Old orders have changed in Mexico, too. As Maytag and other companies opened up plants in places like Reynosa—which sits on the other side of the Rio Grande from McAllen, Texas—economic growth started churning on both sides of the border. Reynosa became a haven for maquiladora factories, just as McAllen thrived off the supply chains that flowed goods across the border. Reynosa doubled in population between 1990 and 2005, while McAllen boomed from almost 38,000 people in 1970 to about 107,000 in 2000.
Change transformed more than border towns. Economic growth in northern Mexico attracted workers from poorer states like Veracruz, which rests along Mexico’s eastern Gulf Coast. Here, too, Broughton reports on the human aspect of Mexico’s internal transformation. Among other results, we learn about the drying-up of villages as workers head north to manufacturing operations. Indeed, lives were changed and new familial trajectories set; but it is hard to deny that this shift within Mexico has led to a rise in prosperity. You can see this in new shopping malls in places like Ciudad Juárez, and you can see it in the raw data: The Economist has reported that while Mexico still has grinding poverty, GDP has steadily climbed over the past quarter-century. Even one of the many NAFTA critics included here acknowledges that the treaty opened up opportunities for women.

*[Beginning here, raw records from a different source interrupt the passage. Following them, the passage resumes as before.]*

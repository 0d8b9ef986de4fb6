-- ===== src/Loaders/Protected.antt =====
-- loader_protected on a drive in good order.
use toy_bootloader.Common.{
  ℕ, ◌+◌, ◌-◌, ◌/◌, ◌%◌, ◌≤◌, ◌≡◌, ◌∙◌, refl, ap, true, false, some, [], arith, u8, ltb, leb, ◌&&◌,
  if◌then◌else◌,
}
use toy_bootloader.Machine.{Env, Machine, set_interrupt}
use toy_bootloader.Dma.Chip.{Channel, channel2, is_programmed}
use toy_bootloader.Floppy.Types.{CheckInterruptRes, ReadtrackRes}
use toy_bootloader.Floppy.Irq.{fpy_setup_idt}
use toy_bootloader.Floppy.Controller.{command, phase, in_buffer, IsDrive}
use toy_bootloader.Floppy.Reading.{IsReady}
use toy_bootloader.Floppy.Copying.{IsSane, block_byte, fpy_copy_bytes_lem}
use toy_bootloader.Loaders.Defs.{zero_bytes, Part, load_protected, reset_bss}
use toy_bootloader.Loaders.Clear.{zero_bytes_lem}

-- The byte that a part has at the address `a` of its place in memory.
abbrev pub part_byte : Env → (ℕ → ℕ → ℕ → ℕ → ℕ) → Part → ℕ → ℕ
part_byte env disk p a =
    block_byte env.props disk (u8 (p.first_section_index + (a - p.start) / 0x200))
      ((a - p.start) % 0x200)

setup_ready :
    (m : Machine)
    → phase m.trace ≡ command []
    → (m' : Machine) × (fpy_setup_idt m ≡ some (tt, m'))
      × IsReady m'
      × (m'.trace ≡ m.trace)
      × (m'.mem ≡ m.mem)
unfolding fpy_setup_idt set_interrupt
setup_ready m start =
    (_, refl, record { received = refl; handler = ground arith; start = start }, refl, refl)

module _ (env : Env) (fuel bound : ℕ) {initial : Channel} (disk : ℕ → ℕ → ℕ → ℕ → ℕ)
    (drive : IsDrive env initial bound disk) (small : bound ≤ 1000) (enough : bound ≤ fuel)
    (sane : IsSane env.props) (c : CheckInterruptRes) (uninit : ReadtrackRes) where
  -- On a drive as for `fpy_copy_bytes`, with no command under way and the DMA channel programmed, `load_protected` comes to its jump
  -- for every place of the two stages behind the transfer buffer and for every bss. Memory then holds
  -- stage 4 and stage 5 as they are on the disk, stage 5 over stage 4 where the two overlap, and zeros
  -- in the bss; every other byte outside the transfer buffer is as before.
  pub load_protected_lem :
      (s4 s5 : Part) (bss_start bss_end : ℕ) (m : Machine) (a : ℕ)
      → 0x1300 ≤ s4.start
      → 0x1300 ≤ s5.start
      → phase m.trace ≡ command []
      → is_programmed (channel2 initial m.trace) ≡ true
      → in_buffer a ≡ false
      → (m' : Machine) × (load_protected env fuel c uninit s4 s5 bss_start bss_end m
          ≡ some (tt, m'))
        × (m'.mem a ≡ (
            if leb bss_start a && ltb a bss_end
            then 0
            else if leb s5.start a && ltb a (s5.start + s5.size)
            then part_byte env disk s5 a
            else if leb s4.start a && ltb a (s4.start + s4.size)
            then part_byte env disk s4 a
            else m.mem a))
  unfolding load_protected reset_bss
  load_protected_lem s4 s5 bss_start bss_end m a lo4 lo5 start programmed out =
      let (m0, run0, ok0, same0, mem0) = setup_ready m start in
      let set0 = ap (λ t. is_programmed (channel2 initial t)) same0 ∙ programmed in
      let (m1, run1, ok1, kept1, mem1) =
        fpy_copy_bytes_lem env fuel bound disk drive small enough sane c uninit
          s4.first_section_index s4.start s4.size m0 a lo4 ok0 set0 out in
      let (m2, run2, ok2, kept2, mem2) =
        fpy_copy_bytes_lem env fuel bound disk drive small enough sane c uninit
          s5.first_section_index s5.start s5.size m1 a lo5 ok1 (ap is_programmed kept1 ∙ set0)
          out in
      (
        record m2 { mem = zero_bytes (bss_end - bss_start) bss_start m2.mem },
        ground (arith, run0, run1, run2),
        ground (
          arith,
          zero_bytes_lem (bss_end - bss_start) bss_start m2.mem a,
          mem2,
          mem1,
          ap (λ (f : ℕ → ℕ). f a) mem0,
        ),
      )
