-- ===== src/Docker/Payload.antt =====
-- DockerSandbox._cell_result_from_payload and _cell_output_from_payload of henry/sandbox/docker.py:
-- the decoder of what the kernel inside the container answers.
pub mod RoundTrip
use henry.Prelude.{
  ℕ, ◌≡◌, refl, arith, Bool, true, false, not, ◌&&◌, ◌||◌, Option, none, some, List, [], ◌∷◌,
  if◌then◌else◌,
}
use henry.Prelude.Int.{ℤ, pos, negsuc}
use henry.Text.{Text, codes, ◌===◌}
use henry.Result.{Result, ok, err, Error, value_error, type_error, ◌>>=◌, Ensures, Ensures-bind}
use henry.Json.{
  Json, Items, Fields, null, boolean, integer, float, str, arr, obj, nil, cons, done, field, get,
}
use henry.SandboxTypes.{
  CellOutput, CellStatus, CellResult, stream, execute_result, display_data, error, ok_status,
  error_status,
}

-- `value == name`
is_text : Json → Text → Bool
is_text (str s) name = s === name
is_text _ name = false

-- `value in {a, b}`; a list or a dict has no hash.
is_member : Json → Text → Text → Result Bool
is_member (arr xs) a b = err (type_error (codes "unhashable type: 'list'"))
is_member (obj fs) a b = err (type_error (codes "unhashable type: 'dict'"))
is_member (str s) a b = ok (s === a || s === b)
is_member _ a b = ok false

as_text : Json → Error → Result Text
as_text (str s) e = ok s
as_text _ e = err e

-- `type(value) is int and value >= 0`
as_count : Json → Error → Result ℕ
as_count (integer (pos n)) e = ok n
as_count _ e = err e

as_count_or_none : Json → Error → Result (Option ℕ)
as_count_or_none null e = ok none
as_count_or_none (integer (pos n)) e = ok (some n)
as_count_or_none _ e = err e

as_bool : Json → Error → Result Bool
as_bool (boolean b) e = ok b
as_bool _ e = err e

as_dict : Json → Error → Result Fields
as_dict (obj fs) e = ok fs
as_dict _ e = err e

as_list : Json → Error → Result Items
as_list (arr xs) e = ok xs
as_list _ e = err e

as_texts : Items → Error → Result (List Text)
as_texts nil e = ok []
as_texts (cons (str s) xs) e = do rest ← as_texts xs e; ok (s ∷ rest)
as_texts (cons _ xs) e = err e

stream_output : Fields → Result CellOutput
unfolding is_member as_text
stream_output fs = do
  named ← is_member (get (codes "name") fs) (codes "stdout") (codes "stderr")
  name ←
      (if named
        then as_text (get (codes "name") fs) (value_error (codes "invalid stream output"))
        else err (value_error (codes "invalid stream output")))
  text ← as_text (get (codes "text") fs) (value_error (codes "invalid stream output"))
  ok (stream name text)

bundle_output : Bool → Fields → Result CellOutput
unfolding as_dict as_count_or_none
bundle_output is_result fs = do
  bundle ← as_dict (get (codes "data") fs) (value_error (codes "invalid MIME bundle"))
  metadata ← as_dict (get (codes "metadata") fs) (value_error (codes "invalid output metadata"))
  count ←
      as_count_or_none (get (codes "execution_count") fs)
        (value_error (codes "invalid output execution count"))
  ok (
      if is_result
      then execute_result bundle metadata count
      else display_data bundle metadata count)

error_output : Fields → Result CellOutput
unfolding as_text as_list as_texts
error_output fs = do
  ename ← as_text (get (codes "ename") fs) (value_error (codes "invalid error output"))
  evalue ← as_text (get (codes "evalue") fs) (value_error (codes "invalid error output"))
  frames ← as_list (get (codes "traceback") fs) (value_error (codes "invalid traceback"))
  traceback ← as_texts frames (value_error (codes "invalid traceback"))
  ok (error ename evalue traceback)

unfoldable pub cell_output_from_payload : Json → Result CellOutput
unfolding is_text is_member stream_output bundle_output error_output
cell_output_from_payload (obj fs) =
    let output_type = get (codes "output_type") fs in
    if is_text output_type (codes "stream") then stream_output fs else do
      bundled ← is_member output_type (codes "execute_result") (codes "display_data")
      (if bundled
          then bundle_output (is_text output_type (codes "execute_result")) fs
          else if is_text output_type (codes "error")
          then error_output fs
          else err (value_error (codes "invalid cell output type")))
cell_output_from_payload _ = err (value_error (codes "cell output must be an object"))

unfoldable pub outputs_from_payload : Items → Result (List CellOutput)
outputs_from_payload nil = ok []
outputs_from_payload (cons x xs) = do
  output ← cell_output_from_payload x
  rest ← outputs_from_payload xs
  ok (output ∷ rest)

status_of : Bool → Json → Result CellStatus
unfolding is_text
status_of true status = ok (if is_text status (codes "ok") then ok_status else error_status)
status_of false status = err (value_error (codes "invalid cell status"))

build_result : CellStatus → ℕ → Bool → Bool → List CellOutput → CellResult
build_result status count timed_out truncated outputs = record {
  status = status;
  outputs = outputs;
  execution_count = count;
  timed_out = timed_out;
  truncated = truncated;
  session_invalidated = false;
}

pub cell_result_from_payload : Json → Result CellResult
cell_result_from_payload (obj fs) = do
  known ← is_member (get (codes "status") fs) (codes "ok") (codes "error")
  status ← status_of known (get (codes "status") fs)
  count ←
      as_count (get (codes "execution_count") fs) (value_error (codes "invalid execution count"))
  timed_out ← as_bool (get (codes "timed_out") fs) (value_error (codes "invalid cell flags"))
  truncated ← as_bool (get (codes "truncated") fs) (value_error (codes "invalid cell flags"))
  raw_outputs ←
      as_list (get (codes "outputs") fs) (value_error (codes "cell outputs must be a list"))
  outputs ← outputs_from_payload raw_outputs
  ok (build_result status count timed_out truncated outputs)
cell_result_from_payload _ = err (value_error (codes "kernel response must be an object"))

-- To run the decoder in a proof, unfold this.
unfoldable pub payload_ops : Unit {0}
unfolding cell_result_from_payload is_member as_count as_bool as_list status_of build_result
payload_ops = tt

-- No payload is read as a result whose session is gone.
pub cell_result_from_payload-trusted :
    (j : Json) (r : CellResult) → cell_result_from_payload j ≡ ok r → r.session_invalidated ≡ false
unfolding cell_result_from_payload build_result
cell_result_from_payload-trusted (obj fs) r h = ground arith
cell_result_from_payload-trusted null r h = cc
cell_result_from_payload-trusted _ r h = cc
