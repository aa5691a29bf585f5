-- ===== src/Docker/Sessions.antt =====
-- The sessions of DockerSandbox (henry/sandbox/docker.py): the registry, the session objects and
-- what is asked of Docker. `_get_session`, `_remove_session`, `_remove_session_locked`,
-- `_invalidate_locked`, `destroy` and `reap_expired`. What Docker answers is an argument.
pub mod Invariant
pub mod Uses
pub mod Removed
use henry.Prelude.{
  ℕ, suc, ◌+◌, ◌-◌, ◌*◌, Bool, true, false, Option, none, some, List, [], ◌∷◌, ◌++◌, length, ltb,
  ◌==◌, if◌then◌else◌,
}
use henry.Text.{Text, codes, ◌===◌}
use henry.Dict.{Dict, lookup, insert, remove}
use henry.Result.{Result, ok, err, Error, sandbox_error, session_not_found, session_destroyed}
use henry.SandboxTypes.{SandboxPolicy}

-- `_Session`. Times are milliseconds; `container` is the id of the container.
pub record Session : Type 0 where
  pub container : Text
  pub policy : SandboxPolicy
  pub created_at : ℕ
  pub destroyed : Bool
  pub locked : Bool

-- A session object is named by its number.
pub data DockerCall : Type 0 where
  create_volume : DockerCall
  remove_new_volume : DockerCall
  run_container exec_in copy_in copy_out remove_container remove_volume : ℕ → DockerCall

-- `sessions` is the registry, `heap` the objects, `calls` what was asked of Docker, latest first.
pub record Sandbox : Type 0 where
  pub sessions : Dict ℕ
  pub heap : ℕ → Option Session
  pub next : ℕ
  pub calls : List DockerCall

abbrev pub empty : Sandbox
empty = record { sessions = []; heap = λ a. none; next = 0; calls = [] }

abbrev pub update : (ℕ → Option Session) → ℕ → Session → ℕ → Option Session
update heap a s b = if a == b then some s else heap b

-- How Docker answers a removal.
pub data Reply : Type 0 where
  removed not_found api_error : Reply

pub record Removal : Type 0 where
  pub container : Reply
  pub volume : Reply

-- Both removals are tried; the container's error is the one that is raised.
removal_result : Text → Removal → Result (Unit {0})
removal_result session r = elim r.container [
  | api_error ↦ err (sandbox_error (codes "failed to remove sandbox session " ++ session))
  | _ ↦ elim r.volume [
    | api_error ↦
        err (sandbox_error (codes "failed to remove sandbox workspace volume " ++ session))
    | _ ↦ ok tt
  ]
]

-- The object that a session id stands for; the error says whether it is unknown or destroyed.
found_session : Text → ℕ → Option Session → Result (ℕ × Session)
found_session session a none =
    err (session_not_found (codes "unknown sandbox session: " ++ session))
found_session session a (some s) =
    if s.destroyed
    then err (session_destroyed (codes "sandbox session is destroyed: " ++ session))
    else ok (a, s)

unfoldable pub get_session : Sandbox → Text → Result (ℕ × Session)
unfolding found_session
get_session w session = elim (lookup session w.sessions) [
  | none ↦ err (session_not_found (codes "unknown sandbox session: " ++ session))
  | some a ↦ found_session session a (w.heap a)
]

-- `if self._sessions.get(session) is state: self._sessions.pop(session, None)`
forget : Text → ℕ → Dict ℕ → Dict ℕ
forget session a d = elim (lookup session d) [
  | none ↦ d
  | some b ↦ if b == a then remove session d else d
]

-- What `_remove_session_locked` does to the object `s` of number `a`. The marks are set before
-- Docker is asked, so a task that waits for the lock finds them whatever Docker answers.
pub tear_down : Sandbox → Text → ℕ → Session → Sandbox
unfolding forget
tear_down w session a s = if s.destroyed then w else record w {
  sessions = forget session a w.sessions;
  heap = update w.heap a (record s { destroyed = true });
  calls = remove_volume a ∷ remove_container a ∷ w.calls;
}

unfoldable pub remove_session_locked :
    Sandbox → Text → ℕ → Session → Removal → Sandbox × Result (Unit {0})
unfolding tear_down removal_result
remove_session_locked w session a s r =
    (tear_down w session a s, if s.destroyed then ok tt else removal_result session r)

-- A `SandboxError` of the cleanup is dropped.
unfoldable pub invalidate_locked : Sandbox → Text → ℕ → Session → Removal → Sandbox
unfolding remove_session_locked
invalidate_locked w session a s r = (remove_session_locked w session a s r).0

-- `_remove_session`, from a moment when the session's lock is free.
remove_object : Sandbox → Text → ℕ → Option Session → Removal → Sandbox × Result (Unit {0})
unfolding remove_session_locked
remove_object w session a none r = (w, ok tt)
remove_object w session a (some s) r = remove_session_locked w session a s r

unfoldable pub remove_session : Sandbox → Text → Removal → Sandbox × Result (Unit {0})
unfolding remove_object
remove_session w session r = elim (lookup session w.sessions) [
  | none ↦ (w, ok tt)
  | some a ↦ remove_object w session a (w.heap a) r
]

unfoldable pub destroy : Sandbox → Text → Removal → Sandbox × Result (Unit {0})
unfolding remove_session
destroy w session r = remove_session w session r

is_expired : ℕ → Option Session → Bool
is_expired now none = false
is_expired now (some s) = ltb (s.policy.ttl_s * 1000) (now - s.created_at)

expired_ids : ℕ → (ℕ → Option Session) → Dict ℕ → List Text
expired_ids now heap [] = []
expired_ids now heap ((session, a) ∷ d) =
    let rest = expired_ids now heap d in if is_expired now (heap a) then session ∷ rest else rest

-- The loop stops at the first removal that raises.
remove_each : Sandbox → List Text → (Text → Removal) → Sandbox × Result (Unit {0})
remove_each w [] answer = (w, ok tt)
remove_each w (session ∷ rest) answer =
    let (w', done) = remove_session w session (answer session) in
    let more = remove_each w' rest answer in elim done [ ok _ ↦ more | err e ↦ (w', err e) ]

reaped : ℕ → Result (Unit {0}) → Result ℕ
reaped n (ok _) = ok n
reaped n (err e) = err e

unfoldable pub reap_expired : Sandbox → ℕ → (Text → Removal) → Sandbox × Result ℕ
unfolding is_expired expired_ids remove_each reaped
reap_expired w now answer =
    let ids = expired_ids now w.heap w.sessions in
    let (w', done) = remove_each w ids answer in (w', reaped (length ids) done)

Of course, there is plenty here for those who dislike the transformative nature of globalization. But those who think the old order was dandy until NAFTA came along make a faulty assumption. By the 1980s, automation and new technologies were changing the nature of work. This included making factories more productive and holding down the cost of goods. Also, change was bound to occur in North America with or without the United States participating in NAFTA: China, Japan, and Germany were among the foreign businesses investing in plants in Mexico. If the U.S. had decided against upgrading economic relationships across North America, we merely would have been forsaking a home-court advantage.
Moreover, if the movement of goods, labor, and capital across the continent upsets you, you need to explain why you would prefer paying higher prices for consumer items such as automobiles and electronics. Cars that Detroit rolls out would cost considerably more if not for parts made for less in Mexico or Canada. And the shifting of the old order through technology, automation, and globalization has led to more high-skilled, innovative factory work here in the United States.
Not long ago I interviewed workers in a sophisticated distribution factory in Frisco, Texas, a booming, prosperous Dallas suburb. The factory relies on robots as well as workers who guide the robots. The workers apply their knowledge of math, science, and engineering to guide the robots, and the skills needed in this factory require higher-order thinking, which, in the long run, can grow our economy and lead to better-paying jobs. All of which is part of a changing global economy.
We can lament this, as many in Boom, Bust, Exodus do; or we can adapt. History consistently shows that adapting is the better route.
William McKenzie is editor of the Catalyst: A Journal of Ideas from the Bush Institute.